Monday, December 24, 2012

Advent 2012: Light

Can it be good again?

The first few articles in this advent series have focused on the state of our world: created in beauty, rhythm, symmetry, and order by a good and loving God. Man is made in God's image, male and female; tasked with reproducing the image and exercising dominion over God's creation. This edenic world stands in sharp contrast to the world we see around us. The imago dei that fallen man still bears enables us to make great strides in technology, but the technology we design mostly enables us to lie, steal, and kill more efficiently and create more and faster means to receive the news telling the latest manifestation of man's rebellion.

Advent is a time for acknowledging that darkness has entered a world that God created for light and recognizing the ways this darkness manifests itself in and around us. Doing so causes us to realize how desperately we need the light restored. The lighting of a simple candle in a darkened room is a way of remembering. It's dark. We need light. We need the kind of light that reveals everything as it truly is and dispels the evil that currently inhabits God's good world. We need light that no longer suffers the oppression, injustice, hate, murder, abuse, sickness, poverty, and death that currently lurk in the darkness of our world.

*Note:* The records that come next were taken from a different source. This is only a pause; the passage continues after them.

-- ===== src/Routing/Decay.antt =====
-- app/routing/routing_decay.py: an idle cell forgets, lazily, when it becomes current again.
pub mod Forgetting
use cortex_cognitive_runtime.Prelude.{
  ℕ, ◌+◌, ◌-◌, Bool, true, false, Option, none, some, [], ◌==◌, leb, if◌then◌else◌, String,
  String_discrete,
}
use cortex_cognitive_runtime.OrderedDict.{OrderedDict, get, set}
use cortex_cognitive_runtime.OrderedDict.Bounded.{touch_or_create, found_or}
use cortex_cognitive_runtime.Float.{Float64, ratio, of_nat, sub, mul, max_f, ◌<?◌}
use cortex_cognitive_runtime.Rpe.Cell.{Cell, CellKey, CellKey_discrete, key_of}
use cortex_cognitive_runtime.Rpe.WeightStore.{WeightStore}
use cortex_cognitive_runtime.Routing.Task.{
  RoutePath, lightweight, standard, full_pipeline, TaskContext, cell_of,
}
use cortex_cognitive_runtime.Routing.Ratchet.{Ratchet, decay_release}

-- `_baseline_band`
unfoldable pub baseline_band : ℕ → RoutePath
baseline_band difficulty =
    if leb 4 difficulty then full_pipeline else if leb 2 difficulty then standard else lightweight

-- The dictionary that `_sessions` holds for a session.
pub record SessionSteps : Type 0 where
  pub step : ℕ
  pub last_used : OrderedDict CellKey ℕ

abbrev pub fresh : SessionSteps
fresh = record { step = 0; last_used = [] }

-- RoutingDecay
pub record Decay : Type 0 where
  pub sessions : OrderedDict String SessionSteps
  pub max_sessions : ℕ

-- The first part of `step`: `_session_state`, the count, and the mark of the current cell. The
-- result is the number of idle steps, `step - last - 1`, or nothing for a cell seen first. The
-- last use is an earlier step, so the difference is never negative.
unfoldable pub tick : Cell → Decay → Option ℕ × Decay
unfolding touch_or_create found_or
tick c d =
    let state = found_or String_discrete c.session fresh d.sessions in
    let sessions' = touch_or_create String_discrete d.max_sessions c.session fresh d.sessions in
    let now = state.step + 1 in
    let state' : SessionSteps = record {
      step = now;
      last_used = set CellKey_discrete (key_of c) now state.last_used;
    } in
    let idle : Option ℕ = elim (get CellKey_discrete (key_of c) state.last_used) [
      | none ↦ none
      | some last ↦ some (now - last - 1)
    ] in
    (idle, record d { sessions = set String_discrete c.session state' sessions' })

module _ {F : Type 0} ⦃fl : Float64 F⦄ where
  -- `max(WEIGHT_MIN, weight - DECAY_RATE * idle)`
  unfoldable pub decayed : F → ℕ → F
  decayed weight idle = max_f (ratio 1 10) (sub weight (mul (ratio 1 100) (of_nat idle)))

  -- What is done with the weight of a cell that was idle: it is written back if it fell, and below
  -- the release threshold the floor is released.
  unfoldable pub forget :
      {S : Type 0} ⦃w : WeightStore S F⦄ → Cell → F → ℕ → S → Ratchet → S × Ratchet
  unfolding decayed decay_release baseline_band
  forget ⦃w⦄ c weight idle s r =
      let v = decayed weight idle in
      (
        if v <? weight then w.write_weight c v s else s,
        if v <? ratio 4 10 then decay_release c (baseline_band c.difficulty) r else r,
      )

  -- The part of `step` that follows a positive number of idle steps.
  unfoldable pub realize :
      {S : Type 0} ⦃w : WeightStore S F⦄ → TaskContext F → Cell → ℕ → S → Ratchet → S × Ratchet
  unfolding forget
  realize ⦃w⦄ t c idle s r = elim (w.read_weight c s).0 [
    | none ↦ ((w.read_weight c s).1, r)
    | some weight ↦ forget c weight idle (w.read_weight c s).1 r
  ]

  -- The part of `step` that follows the mark: nothing for a new or a fresh cell.
  unfoldable pub after_tick :
      {S : Type 0} ⦃w : WeightStore S F⦄
      → TaskContext F
      → Cell
      → Option ℕ
      → S
      → Ratchet
      → S × Ratchet
  unfolding realize
  after_tick t c none s r = (s, r)
  after_tick t c (some idle) s r = if leb idle 0 then (s, r) else realize t c idle s r

  -- `step`
  unfoldable pub step :
      {S : Type 0} ⦃w : WeightStore S F⦄
      → TaskContext F
      → Option String
      → Decay
      → S
      → Ratchet
      → Decay × S × Ratchet
  unfolding cell_of tick after_tick
  step t session d s r = elim (cell_of t session) [
    | none ↦ (d, s, r)
    | some c ↦ let (idle, d') = tick c d in let (s', r') = after_tick t c idle s r in (d', s', r')
  ]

St. John's telling of the Gospel opens with a unique perspective of the advent of Jesus Christ. Rooting the coming of Christ in Old Testament prophecy, he tells of John the Baptist's proclamation of the imminent appearance of the Messiah. This is how he describes it:
There was a man sent from God whose name was John. He came as a witness to testify concerning that light, so that through him all might believe. He himself was not the light; he came only as a witness to the light. 
The true light that gives light to everyone was coming into the world. He was in the world, and though the world was made through him, the world did not recognize him. He came to that which was his own, but his own did not receive him. Yet to all who did receive him, to those who believe in his name, he gave the right to become children of God - children born not of natural descent, nor of human decision or a husband's will, but born of God. 
The Word became flesh and made his dwelling among us. We have seen his glory, the glory of the one and only Son, who came from the Father, full of grace and truth. 
(John testified concerning him. He cried out, saying, "This is the one I spoke about when I said, 'He who comes after me has surpassed me because he was before me.'") Out of his fullness we have all received grace in place of grace already given. For the law was given through Moses; grace and truth came through Jesus Christ. No one has ever seen God, but the one and only Son, who is himself God and is in closest relationship with the Father, has made him known. 
John 1:6-18
I started writing this article on the evening of Monday, 10 December. I got caught up preparing to preach on Waiting with Joy and didn't sit down to finish the article until last week. Since that date, shooters have terrorized a shopping mall in Oregon and devastated a small town in Connecticut. Mankind's capacity for evil seems to know no limit. Certainly the evil one's appetite for cruelty knows no boundaries. If we are ever to know life the way it should be, the way God intended it, we must have a Messiah - one who can break sin's hold and overpower the evil will that devastates our world. We don't know how to fix things on our own. We desperately need a Savior. We need a power greater than us who can set us free and show us what shalom looks like. Light that can dispel the darkness.

The law that shows us what's wrong with the world and why came from God through Moses. Grace, the Divine ability to do what is otherwise impossible, and truth, the revelation of the true character of God lived in the image-bearer, came through Jesus Christ. Light has come, the very light we desperately needed. Life can be good again. Will it be? When?